Treatment: There is no cure for alopecia areata and unfortunately since there is little understanding of the disease there are no FDA approved drugs or treatments specifically designed to treat AA. There are, however, several drugs being prescribed off label for the treatment of AA. These drugs are incorporated into the treatment protocols that appear to help a certain percentage of those afflicted with this disease.
Keep in mind that while these treatments may promote hair growth, none of them prevent new patches or actually cure the underlying disease. Consult your health care professional about the best option for your child.
Alopecia areata is an unpredictable disease and even with complete remission it is possible for it to occur again throughout your child's lifetime.

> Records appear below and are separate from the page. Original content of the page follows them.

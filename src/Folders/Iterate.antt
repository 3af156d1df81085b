-- ===== src/Folders/Iterate.antt =====
-- core/bundled_folder_manager.cpp: a walk over all files of a notebook. A callback that gives `false`
-- ends it; it gets and returns a value `A` in place of what it captures.
use vxcore.Utils.Paths.{concatenate_paths}
use vxcore.Folders.Config.{got, failed, out_of_fuel, get_folder_config}
use vxcore.Prelude.{
  zero, ◌++◌, false, contains, ◌∷◌, suc, if◌then◌else◌, true, some, none, [], ℕ, Option, List, Bool,
  String,
}
use vxcore.Folders.{MetadataStore, FolderState, FileRecord, FileSystem, Notebook}

module _ {A J : Type 0} where
  -- The loop over the files of a folder.
  unfoldable pub call_files :
      (String → FileRecord J → A → Bool × A) → String → List (FileRecord J) → A → Bool × A
  call_files callback folder_path [] a = (true, a)
  call_files callback folder_path (file ∷ files) a =
      let (go_on, a') = callback folder_path file a in
      let rest = call_files callback folder_path files a' in if go_on then rest else (false, a')

module _ {A D S J : Type 0} where
  -- The loop over the subfolders; `none`: out of fuel.
  unfoldable pub iterate_subfolders :
      (String → A → FolderState D S J → Option ((Bool × A) × FolderState D S J))
      → String
      → List String
      → A
      → FolderState D S J
      → Option ((Bool × A) × FolderState D S J)
  iterate_subfolders iterate folder_path [] a st = some ((true, a), st)
  iterate_subfolders iterate folder_path (name ∷ names) a st =
      elim (iterate (concatenate_paths folder_path name) a st) [
        | none ↦ none
        | some ((false, a'), st') ↦ some ((false, a'), st')
        | some ((true, a'), st') ↦ iterate_subfolders iterate folder_path names a' st'
      ]

module _ {A D S J : Type 0} (n : Notebook) (fs : FileSystem D J) (db : MetadataStore S J)
    (callback : String → FileRecord J → A → Bool × A) where
  unfoldable pub iterate_folder :
      ℕ → String → A → FolderState D S J → Option ((Bool × A) × FolderState D S J)
  iterate_folder zero folder_path a st = none
  iterate_folder (suc fuel) folder_path a st =
      let (found, st') = get_folder_config n fs db fuel folder_path none st in
      elim found [
        | out_of_fuel ↦ none
        | failed err ↦ some ((true, a), st')
        | got config ↦
            let (go_on, a') = call_files callback folder_path config.files a in
            elim go_on [
              | false ↦ some ((false, a'), st')
              | true ↦ iterate_subfolders (iterate_folder fuel) folder_path config.folders a' st'
            ]
      ]

  unfoldable pub iterate_all_files :
      ℕ → A → FolderState D S J → Option ((Bool × A) × FolderState D S J)
  iterate_all_files fuel a st = iterate_folder fuel "." a st

module _ {D S J : Type 0} (n : Notebook) (fs : FileSystem D J) (db : MetadataStore S J) where
  unfoldable pub push_tagged :
      String → String → FileRecord J → List (FileRecord J) → Bool × List (FileRecord J)
  push_tagged tag_name folder_path file files =
      (true, if contains tag_name file.tags then files ++ file ∷ [] else files)

  -- The files that FindFilesByTag writes as JSON.
  unfoldable pub find_files_by_tag :
      ℕ → String → FolderState D S J → Option (List (FileRecord J) × FolderState D S J)
  find_files_by_tag fuel tag_name st =
      elim (iterate_all_files n fs db (push_tagged tag_name) fuel [] st) [
        | none ↦ none
        | some ((go_on, files), st') ↦ some (files, st')
      ]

3. Trauma to the hair shaft is another common cause of hair loss in children. Often the trauma is caused by traction (consistently worn tight braids, pony-tails, etc.) or by friction ( rubbing against a bed or wheelchair for example). It can also be caused by chemicals burns.

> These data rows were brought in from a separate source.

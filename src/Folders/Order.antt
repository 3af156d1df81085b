-- ===== src/Folders/Order.antt =====
-- core/bundled_folder_manager.cpp: SetChildrenOrder.
use vxcore.Folders.Config.{with_saved, with_config}
use vxcore.Errors.{vxcore_ok, err_invalid_param, err_read_only, err_permutation_mismatch}
use vxcore.Prelude.{
  is_some, ◌&&◌, str_eq, ◌==◌, not, false, true, none, length, if◌then◌else◌, [], ◌∷◌, ℕ, Bool,
  Option, List,
}
use Prim.Native.String.{String, compare}
use text.Mathlib.Text.{is_lt}
use vxcore.Folders.{
  folder_children_reordered, emit_event, cache_config, Outcome, FolderState, find_file_record,
  MetadataStore, some, FileSystem, FileRecord, Notebook, FolderConfig,
}
use vxcore.Utils.Paths.{split_path}
pub mod Complete
pub mod Permutation
pub mod Configs
pub mod Keeps

-- std::sort on strings: insertion into a sorted list.
unfoldable pub insert_name : String → List String → List String
insert_name a [] = a ∷ []
insert_name a (x ∷ xs) =
    let later = insert_name a xs in if is_lt (compare x a) then x ∷ later else a ∷ x ∷ xs

unfoldable pub sorted : List String → List String
sorted [] = []
sorted (x ∷ xs) = insert_name x (sorted xs)

-- `==` of two vectors of strings
unfoldable pub same_names : List String → List String → Bool
same_names [] [] = true
same_names [] (y ∷ ys) = false
same_names (x ∷ xs) [] = false
same_names (x ∷ xs) (y ∷ ys) = str_eq x y && same_names xs ys

-- The permutation check of one sub-array.
unfoldable pub is_permutation : List String → List String → Bool
is_permutation current submitted =
    (length current == length submitted) && same_names (sorted current) (sorted submitted)

module _ {J : Type 0} where
  unfoldable pub names_of : List (FileRecord J) → List String
  names_of [] = []
  names_of (file ∷ files) = file.name ∷ names_of files

  -- The loop over the new order; `none` where a name has no record.
  unfoldable pub reorder_files : List String → List (FileRecord J) → Option (List (FileRecord J))
  reorder_files [] files = some []
  reorder_files (name ∷ names) files =
      let rest = reorder_files names files in
      elim (find_file_record name files) [
        | none ↦ none
        | some file ↦ elim rest [ none ↦ none | some later ↦ some (file ∷ later) ]
      ]

-- A sub-array that is absent is accepted and unchanged.
unfoldable pub accepts : Option (List String) → List String → Bool
accepts none current = true
accepts (some submitted) current = is_permutation current submitted

unfoldable pub changes : Option (List String) → List String → Option (List String)
changes none current = none
changes (some submitted) current = if same_names submitted current then none else some submitted

abbrev pub or_else {ℓ} : {A : Type ℓ} → Option A → A → A
or_else none a = a
or_else (some b) a = b

-- What the checks and the reordering make of a config; `lost` is the branch that the code marks as
-- unreachable, in which the folders are already changed.
pub data Reordered (J : Type 0) : Type 0 where
  mismatch unchanged : Reordered J
  lost changed : FolderConfig J → Reordered J

module _ {J : Type 0} where
  unfoldable pub reordered :
      Option (List String) → List (FileRecord J) → Option (List (FileRecord J))
  reordered none files = some files
  reordered (some order) files = reorder_files order files

  unfoldable pub reorder_config :
      FolderConfig J → Option (List String) → Option (List String) → ℕ → Reordered J
  reorder_config config new_folders new_files now =
      let names = names_of config.files in
      let folders' = changes new_folders config.folders in
      let files' = changes new_files names in
      let config' = record config { folders = or_else folders' config.folders } in
      if not (accepts new_folders config.folders && accepts new_files names)
      then mismatch
      else if not (is_some folders') && not (is_some files')
      then unchanged
      else (elim (reordered files' config.files) [
        | none ↦ lost config'
        | some files ↦ changed record config' { files = files; modified_utc = now }
      ])

module _ {D S J : Type 0} (n : Notebook) (fs : FileSystem D J) (db : MetadataStore S J) where
  unfoldable pub save_order :
      String
      → FolderConfig J
      → Option (List String)
      → Option (List String)
      → ℕ
      → FolderState D S J
      → Outcome D S J
  save_order folder config new_folders new_files now st =
      elim (reorder_config config new_folders new_files now) [
        | mismatch ↦ some (err_permutation_mismatch, st)
        | unchanged ↦ some (vxcore_ok, st)
        | lost config' ↦ some (err_permutation_mismatch, cache_config folder config' st)
        | changed config' ↦
            let folders' = changes new_folders config.folders in
            let files' = changes new_files (names_of config.files) in
            with_saved n fs folder config' st (λ st1.
              some (vxcore_ok, emit_event (folder_children_reordered folder folders' files') st1))
      ]

  -- `payload` is what the JSON text parses to: the arrays "folders" and "files", each if it is present;
  -- `none` where the text is no object, or a present one is not an array of strings.
  unfoldable pub set_children_order :
      ℕ
      → String
      → Option (Option (List String) × Option (List String))
      → ℕ
      → FolderState D S J
      → Outcome D S J
  set_children_order fuel folder_path payload now st = elim payload [
    | none ↦ some (if n.is_read_only then err_read_only else err_invalid_param, st)
    | some p ↦
        let (new_folders, new_files) = p in
        let folder = n.get_clean_relative_path folder_path in
        if n.is_read_only
        then some (err_read_only, st)
        else if not (is_some new_folders) && not (is_some new_files)
        then some (vxcore_ok, st)
        else with_config n fs db fuel folder st
            (λ config st1. save_order folder config new_folders new_files now st1)
  ]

Another misunderstood cause of trauma hair loss is called trichotillomania, the habit of twirling or plucking the hair. Trichotillomania is thought to be an obsessive-compulsive disorder that can be extremely difficult to treat since the patient usually feels compelled to pluck their hair. The hair loss is patchy, and characterized by broken hairs of varying length. Within the patches, hair loss is not complete. Some children with trichotillomania also have trichophagy -- the habit of eating the hair they pluck. These patients can develop abdominal masses consisting of balls of undigested hair. As long as the hair trauma was not severe or chronic enough to cause scarring, the hair will regrow when the trauma is stopped.

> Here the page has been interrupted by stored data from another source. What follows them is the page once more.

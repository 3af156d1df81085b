-- ===== src/Folders/Order/Complete.antt =====
-- core/bundled_folder_manager.cpp: the check of a new order takes every permutation.

use vxcore.Folders.Order.{is_permutation, sorted, same_names, insert_name}
use vxcore.Prelude.{
  ◌∙◌, ap, Bool-cases, refl, suc, eq_refl, [], ◌∷◌, length, List, arith, true, false, ◌≡◌, Bool,
}
use Prim.Native.Nat.{Ordering, compare as compare_ℕ}
use Prim.Native.Char.{Char, code}
use Prim.Native.String.compare
use text.Mathlib.TextEquality.{path_by_compare}
use Prim.Native.String.{String, compare, then}
use text.Mathlib.Text.{is_lt}
use mathlib.Core.List.{Perm, Permᴰ}
use mathlib.Core.List.Perm
use mathlib.Core.Logic.{inr, inl, ∥∥₁_elim}
use mathlib.Core.Bool.{Bool-set}

abbrev lt : String → String → Bool
lt s t = is_lt (compare s t)

nil-cons : (d : Char) (t : String) → compare String.[] (String.◌∷◌ d t) ≡ Ordering.lt
nil-cons d t = compare.nil-cons d t

cons-nil : (c : Char) (s : String) → compare (String.◌∷◌ c s) String.[] ≡ Ordering.gt
cons-nil c s = compare.cons-nil c s

cons-cons :
    (c d : Char) (s t : String)
    → compare (String.◌∷◌ c s) (String.◌∷◌ d t) ≡ then (compare_ℕ (code c) (code d)) (compare s t)
cons-cons c d s t = compare.cons-cons c d s t

nil-nil : compare String.[] String.[] ≡ Ordering.eq
nil-nil = compare.nil-nil

-- Where `x` is not below `b` but below `a`, `b` is below `a`.
lt-between : (x a b : String) → lt x b ≡ false → lt x a ≡ true → lt b a ≡ true
lt-between String.[] String.[] b h k = ground (arith, k, nil-nil)
lt-between String.[] (String.◌∷◌ c a) String.[] h k = ground (arith, nil-cons c a)
lt-between String.[] (String.◌∷◌ c a) (String.◌∷◌ d b) h k = ground (arith, h, nil-cons d b)
lt-between (String.◌∷◌ e x) String.[] b h k = ground (arith, k, cons-nil e x)
lt-between (String.◌∷◌ e x) (String.◌∷◌ c a) String.[] h k = ground (arith, nil-cons c a)
lt-between (String.◌∷◌ e x) (String.◌∷◌ c a) (String.◌∷◌ d b) h k =
    ground (arith, h, k, cons-cons e c x a, cons-cons e d x b, cons-cons d c b a, lt-between x a b)

lt-asym : (a b : String) → lt a b ≡ true → lt b a ≡ false
lt-asym String.[] String.[] h = ground (arith, h, nil-nil)
lt-asym String.[] (String.◌∷◌ d b) h = ground (arith, cons-nil d b)
lt-asym (String.◌∷◌ c a) String.[] h = ground (arith, h, cons-nil c a)
lt-asym (String.◌∷◌ c a) (String.◌∷◌ d b) h =
    ground (arith, h, cons-cons c d a b, cons-cons d c b a, lt-asym a b)

incomparable : (a b : String) → lt a b ≡ false → lt b a ≡ false → compare a b ≡ Ordering.eq
incomparable String.[] String.[] h k = nil-nil
incomparable String.[] (String.◌∷◌ d b) h k = ground (arith, h, nil-cons d b)
incomparable (String.◌∷◌ c a) String.[] h k = ground (arith, k, nil-cons c a)
incomparable (String.◌∷◌ c a) (String.◌∷◌ d b) h k =
    ground (arith, h, k, cons-cons c d a b, cons-cons d c b a, incomparable a b)

lt-total : (a b : String) → lt a b ≡ false → lt b a ≡ false → a ≡ b
lt-total a b h k = path_by_compare a b (incomparable a b h k)

-- The order in which two names are inserted does not matter.
insert_name_comm :
    (a b : String) (xs : List String)
    → insert_name a (insert_name b xs) ≡ insert_name b (insert_name a xs)
unfolding insert_name
insert_name_comm a b [] = ground (arith, lt-asym a b, lt-asym b a, lt-total a b)
insert_name_comm a b (x ∷ xs) = ground (
  arith,
  insert_name_comm a b xs,
  lt-asym a b,
  lt-asym b a,
  lt-total a b,
  lt-between x a b,
  lt-between x b a,
)

length-insert_name : (a : String) (xs : List String) → length (insert_name a xs) ≡ suc (length xs)
unfolding insert_name
length-insert_name a [] = refl
length-insert_name a (x ∷ xs) = ground (arith, length-insert_name a xs)

sorted-perm : {xs ys : List String} → Permᴰ xs ys → sorted xs ≡ sorted ys
unfolding sorted
sorted-perm Permᴰ.nil = refl
sorted-perm (Permᴰ.cons {a} {b} {l₁} {l₂} e p) =
    ap (insert_name a) (sorted-perm p) ∙ ap (λ x. insert_name x (sorted l₂)) e
sorted-perm (Permᴰ.swap {a} {b} {a'} {b'} {l} e k) =
    insert_name_comm a b (sorted l)
    ∙ ap (λ x. insert_name x (insert_name a (sorted l))) k
    ∙ ap (λ x. insert_name a' (insert_name x (sorted l))) e
sorted-perm (Permᴰ.trans p q) = sorted-perm p ∙ sorted-perm q

pub same_names_refl : (xs : List String) → same_names xs xs ≡ true
unfolding same_names
same_names_refl [] = refl
same_names_refl (x ∷ xs) = ground (arith, same_names_refl xs, eq_refl x)

length-perm : {xs ys : List String} → Permᴰ xs ys → length xs ≡ length ys
length-perm Permᴰ.nil = refl
length-perm (Permᴰ.cons e p) = ap suc (length-perm p)
length-perm (Permᴰ.swap e k) = refl
length-perm (Permᴰ.trans p q) = length-perm p ∙ length-perm q

-- The check takes every permutation.
pub is_permutation-perm : (xs ys : List String) → Perm xs ys → is_permutation xs ys ≡ true
unfolding is_permutation
is_permutation-perm xs ys p =
    ∥∥₁_elim p (Bool-set _ _)
      (λ q. ground (arith, sorted-perm q, length-perm q, same_names_refl (sorted ys)))

insert_name-perm : (a : String) (xs : List String) → Perm (insert_name a xs) (a ∷ xs)
unfolding insert_name
insert_name-perm a [] = Perm.refl (a ∷ [])
insert_name-perm a (x ∷ xs) = elim (Bool-cases (lt x a)) [
  | inl below ↦ rw below (Perm.trans (Perm.cons x (insert_name-perm a xs)) (Perm.swap a x xs))
  | inr above ↦ rw above (Perm.refl (a ∷ x ∷ xs))
]

pub sorted_perm : (xs : List String) → Perm (sorted xs) xs
unfolding sorted
sorted_perm [] = Perm.refl []
sorted_perm (x ∷ xs) = Perm.trans (insert_name-perm x (sorted xs)) (Perm.cons x (sorted_perm xs))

4. Telogen effluvium is another common cause of hair loss in children. To understand telogen effluvium, one must understand a hair's normal life cycle. An individual hair follicle has a long growth phase, producing steadily growing hair for 2 to 6 years (on average 3 years). This is followed by a brief transitional phase (about 3 weeks) when the hair follicle degenerates. This in turn is followed by a resting phase (about 3 months) when the hair follicle lies dormant. This last phase is called the telogen phase. Following the telogen phase, the growth phase begins again -- new hairs grow and push out the old hair shafts. The whole cycle repeats. For most people, 80% to 90% of the follicles are in the growth phase, 5% are in the brief transition phase, and 10% to 15% are in the telogen phase. Each day about 50-150 hairs are shed and replaced by new hairs. In telogen effluvium, something happens to interrupt this normal life cycle and to throw many or all of the hairs into the telogen phase. Between 6 and 16 weeks later, partial or complete baldness appears. Many different events can cause telogen effluvium, including, extremely high fevers, surgery under general anesthesia, excess vitamin A, severe prolonged emotional stress such as a death of a loved one, severe injuries and the use of certain prescription medication such as accutane for acne.
Diagnosis: There are no conclusive diagnostic tests to accurately diagnose telogen effluvium. A detailed medical history is taken, but it usually comes down to the experience of the physician to make the diagnosis.
Treament: In children, once the stressful event is over, full hair growth usually occurs between six months and one year.